Optic help

talaroue

1. Light from a helium-neon laser (l=650 nm) is used to illuminate two narrow slits. The interference pattern is observed on a screen 2.12 m behind the slits. Twelve bright fringes are seen, spanning a distance of 49 mm. What is the spacing (in mm) between the slits?

lamda=650x10^-9 m

L=2.12 m

Ym=49x10^-3

m= 12

d=solving for

d=mL(lamda)/Ym= .03375 mm

why doesnt that work?

2. A 0.24-mm-diameter hole is illuminated by light of wavelength 476 nm. What is the width (in mm) of the central maximum on a screen 1.5 m behind the slit

How do I do this since it has a diameter, I can't find it in the book anywhere



3. A 578 line/mm diffraction grating is illuminated by light of wavelength 599 nm. How many bright fringes are seen on a 2.73-m-wide screen located 3 m behind the grating

d=1/(578x 10^-3)

lamda=599x10^-9

Ym=2.73 m

L=3 m

m=Ym*d/(lamda*L)

All these ways of solving them doesn't work why is that?

Redbelly98

Please, please, please put different equation on separate lines in the future. It is very difficult to read the way you wrote this.

Think about m more carefully:
If there one bright fringe, that would be m=0.
Two bright fringes would be m=0 and 1.
Three bright fringes would be 0, 1, and 2.
.
.
.
Twelve bright fringes have m = 0 through ___ ?

Retry with a different value of m

Weird, it should be in your book or class notes. This is often referred to as a circular aperture.
Here is more info:
http://hyperphysics.phy-astr.gsu.edu...irapp2.html#c2
http://www.physicsforums.com/library...tem&itemid=192

d is incorrect here. Think about that one more carefully.

talaroue

Sorry about the equation problem I copied it from an email I had sent and it didn't excatly work as planned.

1. m=0 with 12 bright fringes m=11 correct?

2.I'll look at the sights you gave me and if I have anymore problems I will post on here, thank you

3.I divde the d in half correct? I found an example, but I just don't understand why?

Redbelly98

Okay. You can edit your post soon after posting it, so you can always check after you post and fix stuff like that ... next time.

Yes.

Okay.

Uh, not quite.

578 lines/mm, so d is (1/578) mm = ____ m?

talaroue

I did edit it, thank you for telling me I could.

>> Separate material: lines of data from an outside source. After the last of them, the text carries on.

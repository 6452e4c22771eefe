-- ===== src/Auth/Keys/Surrogates/Pairing.antt =====
-- What the scanner accepts: the strings whose escaped surrogates come in pairs.
use miakapp_server.Auth.Keys.Surrogates.Forward.{scan_forward, scan-eq-scan_forward}
use miakapp_server.Auth.Keys.Surrogates.{
  is_high, round, quote, drop, backslash, is_low, code_point, at_escape, surrogates_paired,
  has_low_half,
}
use miakapp_server.Prelude.{
  ◌%◌, ℕ, ◌/◌, ◌<◌, ◌≡◌, refl, ◌∙◌, ◌≢◌, inl, inr, Bool, true, false, not, ◌&&◌, none, some, List,
  [], ◌∷◌, ◌++◌, arith, if◌then◌else◌, nat_beq_iff, Option-cases, nat_eq, All,
}
use miakapp_server.Text.{Text}
use miakapp_server.Auth.Keys.Hex.{Cases, hex_char, hex_quad, decode_hex_quad-hex_quad}

-- A piece of a JSON string: a byte, an escape of two bytes, or a \u escape, whose
-- digits are in any case.
pub data Piece : Type 0 where
  plain short_escape : ℕ → Piece
  unicode_escape : Cases → ℕ → Piece

abbrev pub IsPiece : Piece → Type 0
IsPiece (plain c) = (c ≢ quote) × (c ≢ backslash)
IsPiece (short_escape c) = c ≢ b'u'
IsPiece (unicode_escape k n) = n < 65_536

-- The bytes of the pieces, followed by `rest`.
unfoldable pub print : List Piece → Text → Text
print [] rest = rest
print (plain c ∷ ps) rest = c ∷ print ps rest
print (short_escape c ∷ ps) rest = backslash ∷ c ∷ print ps rest
print (unicode_escape k n ∷ ps) rest = backslash ∷ b'u' ∷ hex_quad k n ++ print ps rest

-- Each escaped low half comes right after an escaped high half, and each high half has its low one;
-- `pending` says that a high half has just been read.
unfoldable pub is_paired : Bool → List Piece → Bool
is_paired pending [] = not pending
is_paired pending (unicode_escape k n ∷ ps) =
    if is_low n then pending && is_paired false ps else not pending && is_paired (is_high n) ps
is_paired pending (plain c ∷ ps) = not pending && is_paired false ps
is_paired pending (short_escape c ∷ ps) = not pending && is_paired false ps

-- A digit is neither a quote nor a backslash.
hex_char-is_plain :
    (upper : Bool) (d : ℕ) → d < 16 → (hex_char upper d ≢ quote) × (hex_char upper d ≢ backslash)
unfolding hex_char
hex_char-is_plain true d h = ground arith
hex_char-is_plain false d h = ground arith

scan_plain :
    (c : ℕ) (escaped : Bool) (rest : Text)
    → c ≢ quote
    → c ≢ backslash
    → scan_forward escaped 0 true (c ∷ rest) ≡ scan_forward false 0 true rest
unfolding scan_forward round
scan_plain c escaped rest q b = ground (arith, nat_beq_iff c quote, nat_beq_iff c backslash)

-- The digits of a quad are passed over.
scan_quad :
    (k : Cases) (n : ℕ) (escaped : Bool) (rest : Text)
    → n < 65_536
    → scan_forward escaped 0 true (hex_quad k n ++ rest) ≡ scan_forward false 0 true rest
unfolding hex_quad
scan_quad k n escaped rest h =
    let d₃ = hex_char-is_plain k.0 (n / 4_096) (omega arith) in
    let d₂ = hex_char-is_plain k.1 (n / 256 % 16) (omega arith) in
    let d₁ = hex_char-is_plain k.2 (n / 16 % 16) (omega arith) in
    let d₀ = hex_char-is_plain k.3 (n % 16) (omega arith) in
    scan_plain (hex_char k.0 (n / 4_096)) escaped _ d₃.0 d₃.1
    ∙ scan_plain (hex_char k.1 (n / 256 % 16)) false _ d₂.0 d₂.1
    ∙ scan_plain (hex_char k.2 (n / 16 % 16)) false _ d₁.0 d₁.1
    ∙ scan_plain (hex_char k.3 (n % 16)) false _ d₀.0 d₀.1

code_point-quad :
    (k : Cases) (n : ℕ) (rest : Text)
    → n < 65_536
    → code_point (b'u' ∷ hex_quad k n ++ rest) ≡ some n
unfolding code_point hex_quad
code_point-quad k n rest h = decode_hex_quad-hex_quad k n h

drop-quad : (k : Cases) (n : ℕ) (rest : Text) → drop 5 (b'u' ∷ hex_quad k n ++ rest) ≡ rest
unfolding drop hex_quad
drop-quad k n rest = refl

code_point-not_u : (c : ℕ) (rest : Text) → c ≢ b'u' → code_point (c ∷ rest) ≡ none
unfolding code_point
code_point-not_u c rest h = ground (arith, nat_beq_iff c b'u')

-- Only a low half that is escaped right there counts.
has_low_half-print :
    (ps : List Piece) (rest : Text)
    → All IsPiece ps
    → has_low_half (print ps (quote ∷ rest))
      ≡ elim ps [ [] ↦ false | p ∷ _ ↦ elim p [ unicode_escape k n ↦ is_low n | _ ↦ false ] ]
unfolding has_low_half print
has_low_half-print [] rest v = refl
has_low_half-print (plain c ∷ ps) rest v = ground (arith, nat_beq_iff c backslash)
has_low_half-print (short_escape c ∷ ps) rest v =
    ground (arith, code_point-not_u c (print ps (quote ∷ rest)))
has_low_half-print (unicode_escape k n ∷ ps) rest v =
    ground (arith, code_point-quad k n (print ps (quote ∷ rest)))

-- At a backslash that starts an escape.
scan_backslash :
    (rest : Text)
    → scan_forward false 0 true (backslash ∷ rest)
      ≡ elim (at_escape rest) [ none ↦ false | some skip ↦ scan_forward true skip true rest ]
unfolding scan_forward round
scan_backslash rest = elim (Option-cases (at_escape rest)) [
  | inl e ↦ ground (arith, e)
  | inr (skip, e) ↦ ground (arith, e)
]

-- The byte after it, whatever it is, is passed over.
scan_escaped :
    (c : ℕ) (rest : Text) → scan_forward true 0 true (c ∷ rest) ≡ scan_forward false 0 true rest
unfolding scan_forward round
scan_escaped c rest = ground (arith, nat_beq_iff c quote, nat_beq_iff c backslash)

scan_six :
    (k : Cases) (n : ℕ) (rest : Text)
    → n < 65_536
    → scan_forward true 6 true (b'u' ∷ hex_quad k n ++ backslash ∷ rest)
      ≡ scan_forward true 0 true rest
unfolding scan_forward hex_quad
scan_six k n rest h = ground (
  arith,
  (hex_char-is_plain k.3 (n % 16) (omega arith)).1,
  nat_beq_iff (hex_char k.3 (n % 16)) backslash,
)

-- An escaped high half with its low half: six bytes are passed over, then the low half's digits.
scan_pair :
    (k l : Cases) (n m : ℕ) (rest : Text)
    → n < 65_536
    → m < 65_536
    → scan_forward true 6 true (b'u' ∷ hex_quad k n ++ backslash ∷ b'u' ∷ (hex_quad l m ++ rest))
      ≡ scan_forward false 0 true rest
scan_pair k l n m rest g h =
    scan_six k n (b'u' ∷ hex_quad l m ++ rest) g
    ∙ scan_escaped b'u' (hex_quad l m ++ rest)
    ∙ scan_quad l m false rest h

at_escape-quad :
    (k : Cases) (n : ℕ) (rest : Text)
    → n < 65_536
    → at_escape (b'u' ∷ hex_quad k n ++ rest) ≡ (
        if is_low n
        then none
        else if is_high n
        then (if has_low_half rest then some 6 else none)
        else some 0)
unfolding at_escape
at_escape-quad k n rest h = ground (arith, code_point-quad k n rest h, drop-quad k n rest)

at_escape-not_u : (c : ℕ) (rest : Text) → c ≢ b'u' → at_escape (c ∷ rest) ≡ some 0
unfolding at_escape
at_escape-not_u c rest h = ground (arith, code_point-not_u c rest h)

-- The closing quote.
scan_closing :
    (rest : Text) → scan_forward false 0 true (quote ∷ rest) ≡ scan_forward false 0 false rest
unfolding scan_forward round
scan_closing rest = refl

-- A \u escape, by the half it stands for.
scan_unicode :
    (k : Cases) (n : ℕ) (rest : Text)
    → n < 65_536
    → scan_forward false 0 true (backslash ∷ b'u' ∷ (hex_quad k n ++ rest)) ≡ (
        if is_low n
        then false
        else if is_high n
        then (if has_low_half rest
            then scan_forward true 6 true (b'u' ∷ (hex_quad k n ++ rest))
            else false)
        else scan_forward false 0 true rest)
scan_unicode k n rest h = ground (
  arith,
  scan_backslash (b'u' ∷ (hex_quad k n ++ rest)),
  at_escape-quad k n rest h,
  scan_escaped b'u' (hex_quad k n ++ rest),
  scan_quad k n false rest h,
)

-- In a string, from a piece on.
scan_pieces :
    (ps : List Piece) (rest : Text)
    → All IsPiece ps
    → scan_forward false 0 true (print ps (quote ∷ rest))
      ≡ (is_paired false ps && scan_forward false 0 false rest)
unfolding print is_paired
scan_pieces [] rest v = scan_closing rest
scan_pieces (plain c ∷ ps) rest v =
    ground (arith, scan_plain c false (print ps (quote ∷ rest)), scan_pieces ps rest)
scan_pieces (short_escape c ∷ ps) rest v = ground (
  arith,
  scan_backslash (c ∷ print ps (quote ∷ rest)),
  at_escape-not_u c (print ps (quote ∷ rest)) v.0,
  scan_escaped c (print ps (quote ∷ rest)),
  scan_pieces ps rest,
)
scan_pieces (unicode_escape k n ∷ []) rest v =
    ground
      (arith, scan_unicode k n (quote ∷ rest) v.0, has_low_half-print [] rest, scan_closing rest)
scan_pieces (unicode_escape k n ∷ plain c ∷ ps) rest v = ground (
  arith,
  scan_unicode k n (print (plain c ∷ ps) (quote ∷ rest)) v.0,
  has_low_half-print (plain c ∷ ps) rest v.1,
  scan_pieces (plain c ∷ ps) rest v.1,
)
scan_pieces (unicode_escape k n ∷ short_escape c ∷ ps) rest v = ground (
  arith,
  scan_unicode k n (print (short_escape c ∷ ps) (quote ∷ rest)) v.0,
  has_low_half-print (short_escape c ∷ ps) rest v.1,
  scan_pieces (short_escape c ∷ ps) rest v.1,
)
scan_pieces (unicode_escape k n ∷ unicode_escape l m ∷ ps) rest v = ground (
  arith,
  scan_unicode k n (print (unicode_escape l m ∷ ps) (quote ∷ rest)) v.0,
  has_low_half-print (unicode_escape l m ∷ ps) rest v.1,
  scan_pair k l n m (print ps (quote ∷ rest)) v.0 v.1.0,
  scan_pieces (unicode_escape l m ∷ ps) rest v.1,
  scan_pieces ps rest v.1.1,
)

and_true : (b : Bool) → (b && true) ≡ b
and_true true = refl
and_true false = refl

-- A document that is one JSON string is accepted if and only if its escaped surrogates are paired:
-- each escaped low half comes right after an escaped high half, and each of those has its low one.
pub surrogates_paired-eq-is_paired :
    (ps : List Piece)
    → All IsPiece ps
    → surrogates_paired (quote ∷ print ps (quote ∷ [])) ≡ is_paired false ps
unfolding surrogates_paired scan_forward is_paired
surrogates_paired-eq-is_paired ps v =
    scan-eq-scan_forward (print ps (quote ∷ [])) (quote ∷ []) 0 true
    ∙ scan_pieces ps [] v
    ∙ and_true (is_paired false ps)
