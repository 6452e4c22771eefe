-- ===== src/Auth/PlatformConfig.antt =====
-- internal/auth/platform_config.go: the URLs that the verifier is pinned to. url.Parse and
-- strings.TrimSpace are parameters, with the parts of a URL that the code reads.
pub mod Pinned
use miakapp_server.Prelude.{
  ◌⊎◌, inl, inr, ℕ, zero, suc, ◌+◌, ◌-◌, ◌*◌, ◌/◌, ◌≤◌, ◌<◌, ◌≡◌, refl, sym, ap, subst, ◌∙◌, ◌≢◌,
  ◌↔◌, ◌⊎◌, inl, inr, Bool, true, false, not, ◌&&◌, ◌||◌, Option, none, some, List, [], ◌∷◌, ◌++◌,
  map, arith, ltb, leb, nat_beq, if◌then◌else◌, nat_beq_iff, Bool-cases, Option-cases, Eq, ◌==◌,
  ◌!=◌, nat_eq, length, any, all, All, length-append, String,
}
use miakapp_server.Text.{Text, codes, text_eq, has_suffix}

pub record PlatformConfig : Type 0 where
  pub issuer : Text
  pub jwks_url : Text
  pub relay_audience : Text

-- `text` is String(), `hostname` Hostname(), `port` Port().
pub record Url : Type 0 where
  pub scheme : Text
  pub host : Text
  pub hostname : Text
  pub port : Text
  pub has_user : Bool
  pub path : Text
  pub raw_path : Text
  pub raw_query : Text
  pub fragment : Text
  pub text : Text

pub record UrlParser : Type 0 where
  pub parse : Text → Option Url
  pub trim_space : Text → Text

pub data UrlError : Type 0 where
  empty_or_overlong invalid_url forbidden_components forbidden_port not_canonical : UrlError

pub data PlatformError : Type 0 where
  bad_issuer bad_jwks_url other_origin bad_relay_audience : PlatformError

pub data Parsed : Type 0 where
  accepted_url : Url → Parsed
  refused_url : UrlError → Parsed

-- The checks on a URL that parses.
unfoldable pub url_failure : Text → Text → Bool → Url → Option UrlError
url_failure raw scheme allow_port parsed =
    if parsed.scheme != scheme || parsed.host == [] || parsed.hostname == []
    then some invalid_url
    else if parsed.has_user
        || parsed.raw_query != []
        || parsed.fragment != []
        || parsed.raw_path != []
    then some forbidden_components
    else if not allow_port && parsed.port != []
    then some forbidden_port
    else if parsed.text != raw
    then some not_canonical
    else none

module _ (parser : UrlParser) where
  unfoldable pub canonical_url : Text → Text → Bool → Parsed
  canonical_url raw scheme allow_port =
      if raw == [] || parser.trim_space raw != raw || ltb 2_048 (length raw)
      then refused_url empty_or_overlong
      else elim (parser.parse raw) [
        | none ↦ refused_url invalid_url
        | some parsed ↦ elim (url_failure raw scheme allow_port parsed) [
          | some failure ↦ refused_url failure
          | none ↦ accepted_url parsed
        ]
      ]

  -- The check of the relay audience, the last one of Validate.
  unfoldable pub audience_failure : PlatformConfig → Option PlatformError
  audience_failure config = elim (canonical_url config.relay_audience (codes "wss") true) [
    | refused_url failure ↦ some bad_relay_audience
    | accepted_url relay ↦
        if has_suffix relay.path (codes "/ws") then none else some bad_relay_audience
  ]

  -- The checks of the key URL beside an accepted issuer.
  unfoldable pub jwks_failure : PlatformConfig → Url → Option PlatformError
  jwks_failure config issuer = elim (canonical_url config.jwks_url (codes "https") true) [
    | refused_url failure ↦ some bad_jwks_url
    | accepted_url jwks ↦
        if jwks.path != codes "/.well-known/jwks.json"
        then some bad_jwks_url
        else if issuer.scheme != jwks.scheme || issuer.host != jwks.host
        then some other_origin
        else audience_failure config
  ]

  -- PlatformConfig.Validate
  unfoldable pub validate_platform : PlatformConfig → Option PlatformError
  validate_platform config = elim (canonical_url config.issuer (codes "https") true) [
    | refused_url failure ↦ some bad_issuer
    | accepted_url issuer ↦
        if issuer.path != [] then some bad_issuer else jwks_failure config issuer
  ]

  -- LoadPlatformConfig; `getenv` is os.Getenv.
  unfoldable pub load_platform_config : (Text → Text) → PlatformError ⊎ PlatformConfig
  load_platform_config getenv =
      let config : PlatformConfig = record {
        issuer = getenv (codes "MIAKAPP_CONTROL_PLANE_ISSUER");
        jwks_url = getenv (codes "MIAKAPP_CONTROL_PLANE_JWKS_URL");
        relay_audience = getenv (codes "MIAKAPP_RELAY_AUDIENCE");
      } in
      elim (validate_platform config) [ some failure ↦ inl failure | none ↦ inr config ]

1. I got it now I just rushed things

2. y=L*m*lamda/d

where d is the diameter, L is the distance behind, lamda is the wavelength (obviously), m is bright fringes. How do I discover how many bright fringes there are there so I can do this I assumed one, but this is wrong. Oh also Y is the width because it is the displacement on the Y axis.

3. 1.73 m?

Redbelly98

No. Since a mm is 10^-3 m,

(1/578) mm = (1/578) x 10^-3 m

Notice the answer is a lot smaller than a meter, because both (1/578) and 10^-3 are small numbers.

talaroue

Oh what I was doing was 1/(578x10^-3)

talaroue

2. Can you offer so more advice please

3. so doing it the correct way with
d = 1/578 x 10^-3 m
Ym=2.12 m
lamda= 599x 10^-9 m
L= 3 m

all units cancel leaving basically bright fringes, plug and chug using the equation m=(Ym*d)/(lamda*L)

Redbelly98

Correct except for the following:

1. y is the radius of the diffraction pattern on the screen.
2. m is a number you can get from the "m values" table at

http://hyperphysics.phy-astr.gsu.edu...irapp2.html#c2

A hint: the diameter of the central bright fringe is really the diameter of the 1st minimum in the diffraction pattern.

Redbelly98

I agree with the values for d, lambda, and L. But where does Ym=2.12 m come from?

rl.bhat

Is it not true that in the double slit experiment, when m = 1, there will be two fringes on either side of the central bright fringe? Is it possible to get even number of fringes in the double slit experiment?

Redbelly98

If the screen is off-center, there can be an even number of fringes appearing on it.

rl.bhat

In such experiment usually the screen is placed perpendicular to the axis of the slits. In such case what is the position of the screen which is off -center? In this position is there no central maximum?

Redbelly98

(Problem #1)

The central maximum will be the bright fringe directly in front of the slits, no matter what the screen position is.

I am (for now) going on the assumption that the problem was correctly copied when posted here.

For the small angles being considered, it does not matter whether the screen contains the m=0 through m=11 fringes, or the m=-5 through m=6 fringes. As long as 12 fringes close to the central maximum are visible, the small-angle approximation holds and the answer will be the same.